It's always the last thing on Honey's mind - I am sure she just forgets why she gets let out in the garden last thing at night! Our 'word' is wee wee's and she will just look at me as if to say, yes mum I know what that means but not right now ok? !! She would let me know if she needed to go though so I don't worry too much.


----------



## mr3856a

Survey says...!

16 hours, 15 minutes. We went out this morning at about 8:15, and the funny thing is, it isn't as if he gets up and stands by the door dancing, wagging his tail. I got up, had breakfast, fed him, and as I'm getting ready to out he's just laying there on the floor. No sense of urgency at all.

Anyway, I guess I just have a dog with a serious bladder.


----------



## GoldenJoyx'stwo

mr3856a said:


> Survey says...!
> 
> 16 hours, 15 minutes. We went out this morning at about 8:15, and the funny thing is, it isn't as if he gets up and stands by the door dancing, wagging his tail. I got up, had breakfast, fed him, and as I'm getting ready to out he's just laying there on the floor. No sense of urgency at all.
> 
> Anyway, I guess I just have a dog with a serious bladder.
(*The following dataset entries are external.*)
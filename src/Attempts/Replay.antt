-- ===== src/Attempts/Replay.antt =====
-- attempts.py: a request that comes again.
use responsibility_pathway_r.Prelude.{
  Bool-cases, inl, inr, suc, String, Bool, true, false, ◌≡◌, sym, subst, refl, Option, none, some,
  List, [], ◌∷◌, ◌++◌, any, find, update, arith, eq_iff, eq_refl,
}
use responsibility_pathway_r.Errors.{Result, ok, err}
use responsibility_pathway_r.Value.{Value, str}
use responsibility_pathway_r.Execution.{
  result_value, result_of_value, ExecutionRequest, ExecutionResult, ExecutionStatus,
}
use responsibility_pathway_r.JsonIdentity.{strict_identity}
use responsibility_pathway_r.JsonIdentity.Exact.{strict_identity_iff}
use responsibility_pathway_r.Execution.RoundTrip.{result_of_value-result_value}
use responsibility_pathway_r.Env.{Env}
use responsibility_pathway_r.World.{World, AttemptRecord, transaction}
use responsibility_pathway_r.World.Transactions.{transaction-ok}
use responsibility_pathway_r.Exec.{lift, gets, ◌>>=◌}
use responsibility_pathway_r.Attempts.{
  is_attempt, matches, started_record, begin_row, begin, request_fingerprint, finish,
  strict_result_json, attempt_of, get_attempt, set_result, encoded, with_result,
}

-- What a `begin` that succeeded says of the ledger after it: the first row that matches is the
-- record, and it belongs to this pathway, operation and request.
abbrev pub Begun : Env → String → ExecutionRequest → AttemptRecord → World → Type 0
Begun env id q a v =
    (find (matches id q) v.attempts ≡ some a)
    × (a.pathway_id ≡ id)
    × (a.operation_id ≡ q.operation_id)
    × (request_fingerprint env q ≡ ok a.request_fingerprint)

find-append_new :
    (id : String) (q : ExecutionRequest) (fp : String) (rs : List AttemptRecord)
    → find (matches id q) rs ≡ none
    → find (matches id q) (rs ++ started_record id q fp ∷ []) ≡ some (started_record id q fp)
unfolding find
find-append_new id q fp [] h = rw (eq_refl q.attempt_id) refl
find-append_new id q fp (a ∷ rs) h = ground (arith, find-append_new id q fp rs)

module _ (env : Env) (id : String) (q : ExecutionRequest) where
  begin_row-Begun :
      (fp : String) (o : Option AttemptRecord) (w after : World) (b : Bool) (a : AttemptRecord)
      → request_fingerprint env q ≡ ok fp
      → find (matches id q) w.attempts ≡ o
      → begin_row id q fp o w ≡ (ok (b, a), after)
      → Begun env id q a after
  unfolding begin_row
  begin_row-Begun fp none w after b a h f e = ground (arith, find-append_new id q fp w.attempts)
  begin_row-Begun fp (some r) w after b a h f e = ground (
    arith,
    eq_iff r.pathway_id id,
    eq_iff r.operation_id q.operation_id,
    eq_iff r.request_fingerprint fp,
  )

  Begun-begin :
      (a : AttemptRecord) (w : World)
      → Begun env id q a w
      → env.write_fails w.writes ≡ false
      → begin env id q w ≡ (ok (true, a), record w { writes = suc w.writes })
  unfolding begin transaction begin_row
  Begun-begin a w (f, p, o, h) ok_write =
      rw (h, ok_write, f, p, o, eq_refl id, eq_refl q.operation_id, eq_refl a.request_fingerprint)
        refl

  begin-Begun :
      (w after : World) (b : Bool) (a : AttemptRecord)
      → begin env id q w ≡ (ok (b, a), after)
      → Begun env id q a after
  unfolding begin
  begin-Begun w after b a e = go (request_fingerprint env q) refl e
    where
      go :
          (r : Result String)
          → request_fingerprint env q ≡ r
          → (lift r >>= λ fp.
                transaction env (gets (λ v. find (matches id q) v.attempts) >>= begin_row id q fp))
              w
            ≡ (ok (b, a), after)
          → Begun env id q a after
      go (ok fp) h k =
          begin_row-Begun fp (find (matches id q) w.attempts) (record w { writes = suc w.writes })
            after b a h refl (transaction-ok env _ w (b, a) after k)
      go (err x) h k = ground arith

  -- A request that `begin` accepted is accepted by the next `begin`, if its write does not fail:
  -- as a replay, with the same record, and with the tables unchanged.
  pub begin-again :
      (w after : World) (b : Bool) (a : AttemptRecord)
      → begin env id q w ≡ (ok (b, a), after)
      → env.write_fails after.writes ≡ false
      → begin env id q after ≡ (ok (true, a), record after { writes = suc after.writes })
  begin-again w after b a e ok_write = Begun-begin a after (begin-Begun w after b a e) ok_write

find-update :
    (id : String) (q : ExecutionRequest) (s : ExecutionStatus) (v : Value) (a : AttemptRecord)
    (rs : List AttemptRecord)
    → a.attempt_id ≡ q.attempt_id
    → find (matches id q) rs ≡ some a
    → find (matches id q) (update (is_attempt q.attempt_id) (with_result s v) rs)
      ≡ some (with_result s v a)
unfolding find update
find-update id q s v a [] mine h = ground arith
find-update id q s v a (r ∷ rs) mine h =
    ground
      (arith, find-update id q s v a rs, eq_refl q.attempt_id, eq_iff r.attempt_id q.attempt_id)

-- A result that the ledger accepts is written as it is.
strict_result_json-exact :
    (env : Env) (r : ExecutionResult) (v : Value)
    → strict_result_json env r ≡ ok v
    → v ≡ result_value r
unfolding strict_result_json encoded
strict_result_json-exact env r v h = go (strict_identity (result_value r)) refl h
  where
    go :
        (o : Result Value)
        → strict_identity (result_value r) ≡ o
        → encoded env o ≡ ok v
        → v ≡ result_value r
    go (ok u) e k =
        let same : u ≡ result_value r = ((strict_identity_iff (result_value r) u).0 e).0 in
        ground arith
    go (err x) e k = ground arith

set_result-found :
    (a : String) (s : ExecutionStatus) (v : Value) (w after : World) (f : AttemptRecord)
    → (set_result a s v >>= λ _. get_attempt a) w ≡ (ok f, after)
    → after.attempts ≡ update (is_attempt a) (with_result s v) w.attempts
unfolding set_result get_attempt attempt_of
set_result-found a s v w after f h = elim (Bool-cases (any (is_attempt a) w.attempts)) [
  | inl there ↦ ground arith
  | inr missing ↦ ground arith
]

-- Let the text of a string be the string itself. If `begin` gave a record with the attempt id of
-- the request, `finish` then stored a result for that id, and the next write does not fail, then
-- the next `begin` replays the record with the status and the value of that result, and the value
-- decodes to the result.
pub finish-begin :
    (env : Env) (id : String) (q : ExecutionRequest) (r : ExecutionResult) (w begun after : World)
    (b : Bool) (a f : AttemptRecord)
    → ((s : String) → env.text (str s) ≡ s)
    → begin env id q w ≡ (ok (b, a), begun)
    → a.attempt_id ≡ q.attempt_id
    → finish env q.attempt_id r begun ≡ (ok f, after)
    → env.write_fails after.writes ≡ false
    → (begin env id q after ≡ (
      ok (true, with_result r.status (result_value r) a),
      record after { writes = suc after.writes },
    ))
      × (result_of_value env.text (result_value r) ≡ ok r)
unfolding finish
finish-begin env id q r w begun after b a f text-str e mine done ok_write =
    (go (strict_result_json env r) refl done, result_of_value-result_value env.text text-str r)
  where
    go :
        (o : Result Value)
        → strict_result_json env r ≡ o
        → (lift o >>= λ v.
              transaction env
                (set_result q.attempt_id r.status v >>= λ _. get_attempt q.attempt_id))
            begun
          ≡ (ok f, after)
        → begin env id q after ≡ (
          ok (true, with_result r.status (result_value r) a),
          record after { writes = suc after.writes },
        )
    go (ok v) h k =
        let same = strict_result_json-exact env r v h in
        let stored =
          set_result-found q.attempt_id r.status v (record begun { writes = suc begun.writes })
            after f (transaction-ok env _ begun f after k) in
        let (found, p, o, fp) = begin-Begun env id q w begun b a e in
        Begun-begin env id q (with_result r.status (result_value r) a) after
          (
            rw stored (
                subst
                  (λ u.
                    find (matches id q)
                      (update (is_attempt q.attempt_id) (with_result r.status u) begun.attempts)
                    ≡ some (with_result r.status (result_value r) a))
                  (sym same)
                  (find-update id q r.status (result_value r) a begun.attempts mine found)),
            p,
            o,
            fp,
          )
          ok_write
    go (err x) h k = ground arith
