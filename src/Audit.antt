-- ===== src/Audit.antt =====
-- The state of a pathway and the evidence log: what any use of the runtime may do to them.
pub mod States
pub mod Trace
pub mod Order
pub mod Writes
pub mod Calls
pub mod Verified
Sounds familiar! Tucker runs out the door right after eating. Shadow sits down and reads the newspaper. I forgot to let him out once before leaving for work...:doh:


----------



## Joe

I would say 10-12 hours is normal for an adult Golden.
From time to time we need to leave our dogs home alone for 10-12 hours and when we come home and immediately take them out, Kia (our older) will still walk for 5-10 minutes, to get to her corner to pee. Hard to say if this is healthy or not, we should have a vet to answer this question.


----------



## lovealways_jami

Is this the Male that you rescued? Maybe the previous owner(s) didnt let him out very much to go potty so he had to learn to hold it?? Just a thought... Diesel can hold some pee! Ill tell you what!


----------



## missmarstar

Sam has held it maybe 12 hours or so at the longest.... he does get me up in the morning with little whines and face licking, but i honestly think he's more concerned about getting his breakfast than going potty.


----------



## mr3856a

lovealways_jami said:


> Is this the Male that you rescued? Maybe the previous owner(s) didnt let him out very much to go potty so he had to learn to hold it?? Just a thought... Diesel can hold some pee! Ill tell you what!
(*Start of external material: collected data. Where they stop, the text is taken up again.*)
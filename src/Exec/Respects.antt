-- ===== src/Exec/Respects.antt =====
-- What an action does to the state, whether it returns or raises, one rule for each way to build it.
use responsibility_pathway_r.Prelude.{◌≡◌, refl, Bool, true, false, if◌then◌else◌}
use responsibility_pathway_r.Errors.{Error, Result, ok, err}
use responsibility_pathway_r.Exec.{
  Exec, pure, raise, lift, gets, require, proceed, outcome, try, ◌>>=◌, ◌>>◌,
}

-- A relation between the state before and the state after, which chains.
pub record Order (S : Type 0) : Type 1 where
  pub rel : S → S → Type 0
  pub rel_refl : (s : S) → rel s s
  pub rel_trans : (s t u : S) → rel s t → rel t u → rel s u

pub record Respects {S A : Type 0} (R : Order S) (m : Exec S A) : Type 0 where
  pub at : (s : S) → R.rel s (m s).1

module _ {S A : Type 0} (R : Order S) where
  pub Respects-pure : (a : A) → Respects R (pure a)
  Respects-pure a = record { at = λ s. R.rel_refl s }

  pub Respects-raise : (e : Error) → Respects R (raise {A = A} e)
  Respects-raise e = record { at = λ s. R.rel_refl s }

  pub Respects-lift : (r : Result A) → Respects R (lift r)
  Respects-lift r = record { at = λ s. R.rel_refl s }

  pub Respects-gets : (f : S → A) → Respects R (gets f)
  Respects-gets f = record { at = λ s. R.rel_refl s }

  pub Respects-if :
      (b : Bool) (m n : Exec S A) → Respects R m → Respects R n → Respects R (if b then m else n)
  Respects-if true m n p q = p
  Respects-if false m n p q = q

pub Respects-require : {S : Type 0} (R : Order S) (b : Bool) (e : Error) → Respects R (require b e)
Respects-require R true e = record { at = λ s. R.rel_refl s }
Respects-require R false e = record { at = λ s. R.rel_refl s }

module _ {S A B : Type 0} (R : Order S) where
  proceed-rel :
      (s : S) (p : Result A × S) (f : A → Exec S B)
      → R.rel s p.1
      → ((a : A) → p.0 ≡ ok a → R.rel p.1 (f a p.1).1)
      → R.rel s (proceed p f).1
  proceed-rel s (ok a, t) f h k = R.rel_trans s t (f a t).1 h (k a refl)
  proceed-rel s (err e, t) f h k = h

  pub Respects-bind :
      (m : Exec S A) (f : A → Exec S B)
      → Respects R m
      → ((a : A) → Respects R (f a))
      → Respects R (m >>= f)
  Respects-bind m f p q = record {
    at = λ s. proceed-rel s (m s) f (p.at s) (λ a _. (q a).at (m s).1);
  }

  pub Respects-then :
      (m : Exec S A) (n : Exec S B) → Respects R m → Respects R n → Respects R (m >> n)
  Respects-then m n p q = Respects-bind m (λ _. n) p (λ _. q)

  -- The rest of the block knows that the test did not raise.
  pub Respects-guard :
      (r : Result A) (f : A → Exec S B)
      → ((a : A) → r ≡ ok a → Respects R (f a))
      → Respects R (lift r >>= f)
  Respects-guard (ok a) f q = q a refl
  Respects-guard (err e) f q = record { at = λ s. R.rel_refl s }

  outcome-rel :
      (s : S) (p : Result A × S) (f : A → Exec S B) (g : Error → Exec S B)
      → R.rel s p.1
      → ((a : A) → R.rel p.1 (f a p.1).1)
      → ((e : Error) → R.rel p.1 (g e p.1).1)
      → R.rel s (outcome p f g).1
  outcome-rel s (ok a, t) f g h k l = R.rel_trans s t (f a t).1 h (k a)
  outcome-rel s (err e, t) f g h k l = R.rel_trans s t (g e t).1 h (l e)

  pub Respects-try :
      (m : Exec S A) (f : A → Exec S B) (g : Error → Exec S B)
      → Respects R m
      → ((a : A) → Respects R (f a))
      → ((e : Error) → Respects R (g e))
      → Respects R (try m f g)
  Respects-try m f g p q r = record {
    at = λ s. outcome-rel s (m s) f g (p.at s) (λ a. (q a).at (m s).1) (λ e. (r e).at (m s).1);
  }

pub ruleset respects_rules = (
  Respects-pure, Respects-raise, Respects-lift, Respects-gets, Respects-if, Respects-require,
  Respects-bind, Respects-then, Respects-try,
)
Yes it is, actually, but I'm pretty sure they just put him outside and left him there. He had those little leathery wear spots on his doggy elbows that you often see on much older dogs, which I suspect came from lying on a hard surface outdoors (they have since grown back in with hair ).
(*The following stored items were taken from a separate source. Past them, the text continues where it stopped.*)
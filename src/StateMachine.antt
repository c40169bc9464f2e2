-- ===== src/StateMachine.antt =====
-- _generated_transitions.py and state_machine.py: the table of allowed transitions and its guard.
pub mod Edge
pub mod Formal
pub mod Reach
use responsibility_pathway_r.Prelude.{Bool, List, [], ◌∷◌, any}
use responsibility_pathway_r.Errors.{Result, Error, invalid_transition, ensure}
use responsibility_pathway_r.Models.{
  PathwayState, PathwayState-discrete, ◌is◌, proposed, awaiting_approval, approved, running, held,
  human_gate, stopped, partially_completed, write_status_unknown, repair_required, ready_to_resume,
  completed, denied, aborted,
}

-- `ALLOWED_TRANSITIONS`
unfoldable pub allowed_transitions : PathwayState → List PathwayState
allowed_transitions proposed = awaiting_approval ∷ approved ∷ denied ∷ []
allowed_transitions awaiting_approval = approved ∷ denied ∷ PathwayState.human_gate ∷ []
allowed_transitions approved = running ∷ held ∷ aborted ∷ []
allowed_transitions running =
    completed ∷ stopped ∷ partially_completed ∷ write_status_unknown ∷ repair_required ∷ []
allowed_transitions held = PathwayState.human_gate ∷ approved ∷ aborted ∷ []
allowed_transitions PathwayState.human_gate = approved ∷ denied ∷ aborted ∷ []
allowed_transitions stopped = repair_required ∷ aborted ∷ []
allowed_transitions partially_completed = repair_required ∷ []
allowed_transitions write_status_unknown = completed ∷ repair_required ∷ []
allowed_transitions repair_required = ready_to_resume ∷ aborted ∷ []
allowed_transitions ready_to_resume = running ∷ aborted ∷ []
allowed_transitions completed = []
allowed_transitions denied = []
allowed_transitions aborted = []

-- `TERMINAL_STATES`
unfoldable pub terminal_states : List PathwayState
terminal_states = completed ∷ denied ∷ aborted ∷ []

-- `state in states`
unfoldable pub is_member : PathwayState → List PathwayState → Bool
unfolding any PathwayState-discrete
is_member s states = any (λ t. s is t) states

unfoldable pub ensure_transition : PathwayState → PathwayState → Result (Unit {0})
unfolding is_member allowed_transitions
ensure_transition current target =
    ensure (is_member target (allowed_transitions current)) invalid_transition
Maybe he's just a super-dog, because he doesn't even seem the least bit concerned with hurrying out to go pee, even after 16 hours. :gotme:


----------



## AquaClaraCanines

My Whippet does this also, by choice, he gets the chance to go out every few hours and either declines and stays in bed, or if leashed up and taken out anyway, stands there glaring at me or tries to just sleep in the sun!


----------



## kalkid

Yeah mine goes 10 or 12 hours without being outside every now and again. However she really knows the go potty thing and when you say it she always goes even if it's only been an hour or two since she last went. It's kind of nice that she does that especially if we are taking a road trip for a few hours or so and then I know she's good to go for the whole trip. Sometimes I think she just squats and fakes it to make me happy. I worry more about the #2. She goes in the morning and then it's 50/50 whether or not she goes in the evening or not. I'm always worried she'll have an accident but hasn't since I've had her.


----------



## Lestorm

Lottie often goes for a pee at around 5pm and then holds until 10am, she drinks plenty inbetween times. When she does go in the morning she pees for Britain.


----------



## HovawartMom

The longest ever held,for both my dogs is:15hrs but it only happened,once!.They usually go 2 to 3 times a day!.


----------



## mike409

I work oddball hours a lot. I walk my boy at midnight and there are lots of times he won't get walked until noon or 1pm. When I wake up to walk him(noon or 1pm), he is usually just sleeping. It's not like he is waiting at the door. 
There have been times(when he was sick), he would bark at me while I was sleeping, indicating he needs to go pee/poop.


----------



## warren riggs

We are fostering a 4 year old Golden with heartworms which we plan to adopt. We walk him on a leash in our fenced back yard 7 or 8 times a day. He urinates once every 12 or 15 hours. Glad to know we are not alone in experiencing this "odd" behavior.


----------



## Audog

We had a rescue Golden about 10 years ago who went on vacation with us, 8 hour car ride, wouldn't go during stops. We got to the cabin and still wouldn't go. After 20 hours, he finally went and it was like a dam burst. I never knew dogs could hold it that long. We figured he didn't want to pee as his routine was disrupted as at home he was every 4-6 hours.


----------



## harrym

Amber does both jobs when she gets up around 7:00 am, then comes back for her breakfast. She sometimes does both again at noon. We walk along the river around 3:00 pm, and she usually does both again. Then she goes out at bedtime around 10:00 pm and just pees. However, she will pee anytime in between that we go out. I open the back door of the van from inside the house and let her out; she squats immediately and then jumps in the van. Very rarely, she will go to the door and bark if she has to go out at other times.


----------



## FosterGolden

Some dogs don't like to go while on leash, which could explain him going in the yard regularly but holding it when you take him out and he is on leash. Dogs don't generalize very well, so if you potty trained him off the leash, not on, you might want to sort-of do some remedial on-leash potty training. It's not the most healthy habit to hold it like that. You might have to take him on mini-walks to get it out.


----------



## murphy1

Seems like forever when it's raining out 

Murphy has gone ten hours and could probably go longer.


----------



## CedarFurbaby

Cedar is like that too, and glad to hear he's not alone. I would also say 12-15 hours overnight. It's like he's holding it for just the right spot, and if there's no such spots he won't go. I also assumed he probably didn't drink much water before bedtime.


----------